Teoman'dan "yerli" duruş: Batı hayranlarını yerden yere vurdu | Beştepe çağırırsa giderim | Türkiye'nin güçlü olmasını istiyorum | Suriyeli çıkışı

Ünlü rokcçı Teoman Türkiye'nin gündemine oturacak açıklamalar yaptı. Batı hayranlarını yerden yere vuran Teoman, bu ülkenin ürünü olduğunu belirterek, "Batılı bir eğitimden gelmiş olsam da kendimi bu ülkeye ait hissediyorum. Başka bir ülkeye ait hissetmiyorum. Ben batı hayranı değilim." ifadelerini kullandı. Siyasi bir tarafı olmadığını ancak Cumhurbaşkanlığı makanına saygı duyduğunu belirten Teoman, "Beştepe'den davet gelirse giderim" dedi. Türkiye'nin ve silahlı kuvvetlerin güçlü olması gerektiğine dikkat çeken Teoman Irkçı sözlerle Suriyelileri hedef alanlara da okkalı bir yanıt verdi.

Yaptığı çıkışlarla ve tarzıyla dönem dönem gündeme gelen Teoman yine Türkiye'nin gündemine oturacak açıklamalar yaptı.

TEOMAN'DAN YERLİ DURUŞ
Batı hayranlarına esaslı bir eleştiri getiren Teoman siyasette taraf tutmadığını ancak Cumhurbaşkanlığı makamına saygı duyduğu belirterek "Beştepe"den davet gelirse gideceğini söyledi. Son dönemde artan ırkçı çıkışlara da tepki gösteren Teoman bu ülkenin ürünüyüm diyerek yerli bir duruş gösterdi.

CHP yandaşı T24'e konuşan Temoman özellikle pandemi sonrası tarzında değişikliğe gittiğine dikkat çeken Teoman, "İçkinin yoğun olduğu bir hayat yaşayınca her şeye olan tutkunu yitiriyorsun. O psikolojiden çıkmaya karar verdiğimde kendime "Artık işime özeneceğim. Bu yaşa geldim, artık kimseye star afra tafrası yapmayacağım" dedim." ifadelerini kullandı.

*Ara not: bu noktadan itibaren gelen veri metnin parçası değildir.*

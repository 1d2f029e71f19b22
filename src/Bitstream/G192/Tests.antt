-- ===== src/Bitstream/G192/Tests.antt =====
-- Runs of internal/bitstream/g192.go at concrete inputs.
use g.Base.{
  ℕ, ◌≡◌, refl, arith, List, [], ◌∷◌, ◌++◌, Bool, true, false, take, drop, length, replicate,
}
use g.Bitstream.{ok, err, bad_g192_bit, bad_g192_sync, eof}
use g.Bitstream.G192.{
  write_g192_frame, data_words, read_words, and_then, read_with_policy, read_g192_frame,
  read_g192_frame_lenient, read_g192_file,
}
use g.Bitstream.G192.RoundTrip.{
  written, read-write, file_of, frames_of, flags_of, end_of, read_g192_file-file_of,
}
use g.Bitstream.G192.Policy.{undetermined, lenient-strict, undetermined_lem}

abbrev wire : List ℕ
wire = 0xd5 ∷ 0x8a ∷ 0xe9 ∷ 0x72 ∷ 0x34 ∷ 0x9b ∷ 0x9f ∷ 0xf6 ∷ 0xed ∷ 0x27 ∷ []

abbrev buffer : List ℕ
buffer = replicate 12 7

abbrev two_frames : List (List ℕ × Bool)
two_frames = (wire, true) ∷ (replicate 10 0, false) ∷ []

empty_test : read_g192_frame [] buffer ≡ err eof
unfolding read_g192_frame read_with_policy and_then
empty_test = refl

sync_test : read_g192_frame (replicate 164 0x6b) buffer ≡ err bad_g192_sync
unfolding read_g192_frame read_with_policy and_then
sync_test = refl

strict_test :
    read_g192_frame (written wire true) buffer ≡ ok (true, take 10 wire ++ drop 10 buffer, [])
unfolding read_g192_frame read_with_policy and_then read_words data_words
strict_test = refl

read-write_example :
    (w : List ℕ) × (write_g192_frame wire true ≡ ok w)
    × (length w ≡ 164)
    × (read_with_policy (w ++ 1 ∷ 2 ∷ []) buffer false
        ≡ ok (true, take 10 wire ++ drop 10 buffer, 1 ∷ 2 ∷ []))
read-write_example =
    read-write wire buffer (1 ∷ 2 ∷ []) true false (omega arith) (omega arith) (omega arith)

read_g192_file-file_of_example :
    read_g192_file (file_of two_frames ++ 7 ∷ [])
    ≡ (frames_of two_frames, flags_of two_frames, end_of (7 ∷ []))
read_g192_file-file_of_example =
    read_g192_file-file_of two_frames (7 ∷ []) (omega arith) (omega arith)

lenient-strict_example :
    read_g192_frame_lenient (written wire true) buffer
    ≡ ok (true, take 10 wire ++ drop 10 buffer, [])
lenient-strict_example =
    lenient-strict (written wire true) buffer (true, take 10 wire ++ drop 10 buffer, []) strict_test

undetermined_lem_example :
    (read_g192_frame (undetermined ++ []) buffer ≡ err bad_g192_bit)
    × (read_g192_frame_lenient (undetermined ++ []) buffer
        ≡ ok (true, replicate 10 0 ++ drop 10 buffer, []))
undetermined_lem_example = undetermined_lem [] buffer (omega arith)
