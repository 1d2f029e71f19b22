-- ===== src/Bitstream/Runs.antt =====
-- Runs of writes and reads, for any list of widths.
use g.Base.{
  ℕ, ◌+◌, ◌-◌, ◌*◌, ◌%◌, ◌^◌, ◌≤◌, ◌<◌, ◌≡◌, refl, subst, ◌∙◌, List, [], ◌∷◌, All, arith, length,
}
use native.Mathlib.Decide.{dec_lt}
use g.Bitstream.BitIo.{BitWriter, write}
use g.Bitstream.BitIo.Stream.{bit_at, IsClear, write-Wrote}
use g.Bitstream.BitIo.Bytes.{IsByte, write-IsByte}
use g.Bitstream.BitIo.Fields.{field, field_of_bits, test_bit-field}

-- A run of writes, as pairs of a value and a width.
unfoldable pub write_all : List (ℕ × ℕ) → BitWriter → BitWriter
write_all [] w = w
write_all ((v, n) ∷ rest) w = write_all rest (write v n w)

unfoldable pub total : List (ℕ × ℕ) → ℕ
total [] = 0
total ((v, n) ∷ rest) = n + total rest

-- From bit `p` on, the slice holds the values at their widths.
abbrev pub Holds : List ℕ → ℕ → List (ℕ × ℕ) → Type 0
Holds buf p [] = Unit
Holds buf p ((v, n) ∷ rest) = (field buf p n ≡ v % 2 ^ n) × Holds buf (p + n) rest

pub record WroteAll (fs : List (ℕ × ℕ)) (w out : BitWriter) : Type 0 where
  pub same_length : length out.buf ≡ length w.buf
  pub before : (p : ℕ) → p < w.bit_pos → bit_at out.buf p ≡ bit_at w.buf p
  pub holds : Holds out.buf w.bit_pos fs

pub write_all-WroteAll :
    (fs : List (ℕ × ℕ)) (w : BitWriter)
    → IsClear w
    → w.bit_pos + total fs ≤ 8 * length w.buf
    → WroteAll fs w (write_all fs w)
unfolding write_all total
write_all-WroteAll [] w clear room = record { same_length = refl; before = λ p h. refl; holds = tt }
write_all-WroteAll ((v, n) ∷ rest) w clear room =
    let first = write-Wrote n v w clear (omega arith) in
    let fits : (write v n w).bit_pos + total rest ≤ 8 * length (write v n w).buf =
      omega (arith, first.moved, first.same_length) in
    let later = write_all-WroteAll rest (write v n w) first.clear fits in
    record {
      same_length = later.same_length ∙ first.same_length;
      before = λ p h. ground (arith, later.before p, first.before p, first.moved);
      holds = (
        field_of_bits (write_all rest (write v n w)).buf v w.bit_pos n
            (λ j h. ground (arith, later.before (w.bit_pos + j), first.inside j, first.moved)),
        subst (λ p. Holds (write_all rest (write v n w)).buf p rest) first.moved later.holds,
      );
    }

pub write_all-IsByte :
    (fs : List (ℕ × ℕ)) (w : BitWriter) → All IsByte w.buf → All IsByte (write_all fs w).buf
unfolding write_all
write_all-IsByte [] w h = h
write_all-IsByte ((v, n) ∷ rest) w h = write_all-IsByte rest (write v n w) (write-IsByte n v w h)

-- Slices that agree on a run of fields agree on each bit of the run.
abbrev pub SameFields : List ℕ → List ℕ → ℕ → List ℕ → Type 0
SameFields a b p [] = Unit
SameFields a b p (n ∷ ns) = (field a p n ≡ field b p n) × SameFields a b (p + n) ns

unfoldable pub sum_widths : List ℕ → ℕ
sum_widths [] = 0
sum_widths (n ∷ ns) = n + sum_widths ns

pub same_bits :
    (ns a b : List ℕ) (p q : ℕ)
    → SameFields a b p ns
    → p ≤ q
    → q < p + sum_widths ns
    → bit_at a q ≡ bit_at b q
unfolding sum_widths
same_bits [] a b p q same lo hi = absurd (omega arith)
same_bits (n ∷ ns) a b p q same lo hi = elim (dec_lt q (p + n)) [
  | yes inside ↦ ground (arith, same.0, test_bit-field a p n (q - p), test_bit-field b p n (q - p))
  | no beyond ↦ same_bits ns a b (p + n) q same.1 (omega arith) (omega arith)
]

"BU ÜLKENİN ÜRÜNÜYÜM BATI HAYRANI DEĞİŞİM"
"Ben artık Türkiye'nin 'Teoman abisi' olmak istiyorum" sözlerine de açıklık getiren Teoman, "Bu ülkenin ürünüyüm. Batılı bir eğitimden gelmiş olsam da kendimi bu ülkeye ait hissediyorum. Başka bir ülkeye ait hissetmiyorum. Ben batı hayranı değilim." ifadelerini kullandı.

"BEŞTEPE'DEN DAVET GELİRSE GİDERİM"
Kendisini herhangi bir siyasi görüşe indirgemediğini söyleyen Teoman Cumhurbaşkanlığı makamına ise saygı duyduğunu belirti. "Sana Beştepe'den davet geldi mi?" sorusunu yanıtlayan Teoman, "Gelmedi ama gelse giderim. Türkiye Cumhuriyeti'nin cumhurbaşkanı kim olursa olsun beni bir yere davet ederse, giderim. Ama ben hiçbir zaman siyasette hiçbir yerin adamı olmayacağım. Ben daha evvel cumartesi kahvaltılarına çağrıldım Kürt açılımı devam ederken. O tabii başka bir şeydi. Ben başörtüsü meselesinde de Kürt sorununda da fikirlerimi her zaman söylemiş biriyim zaten. O toplantıya da çağrıldığım için ve Kürt açılımını desteklediğim için gittim." dedi.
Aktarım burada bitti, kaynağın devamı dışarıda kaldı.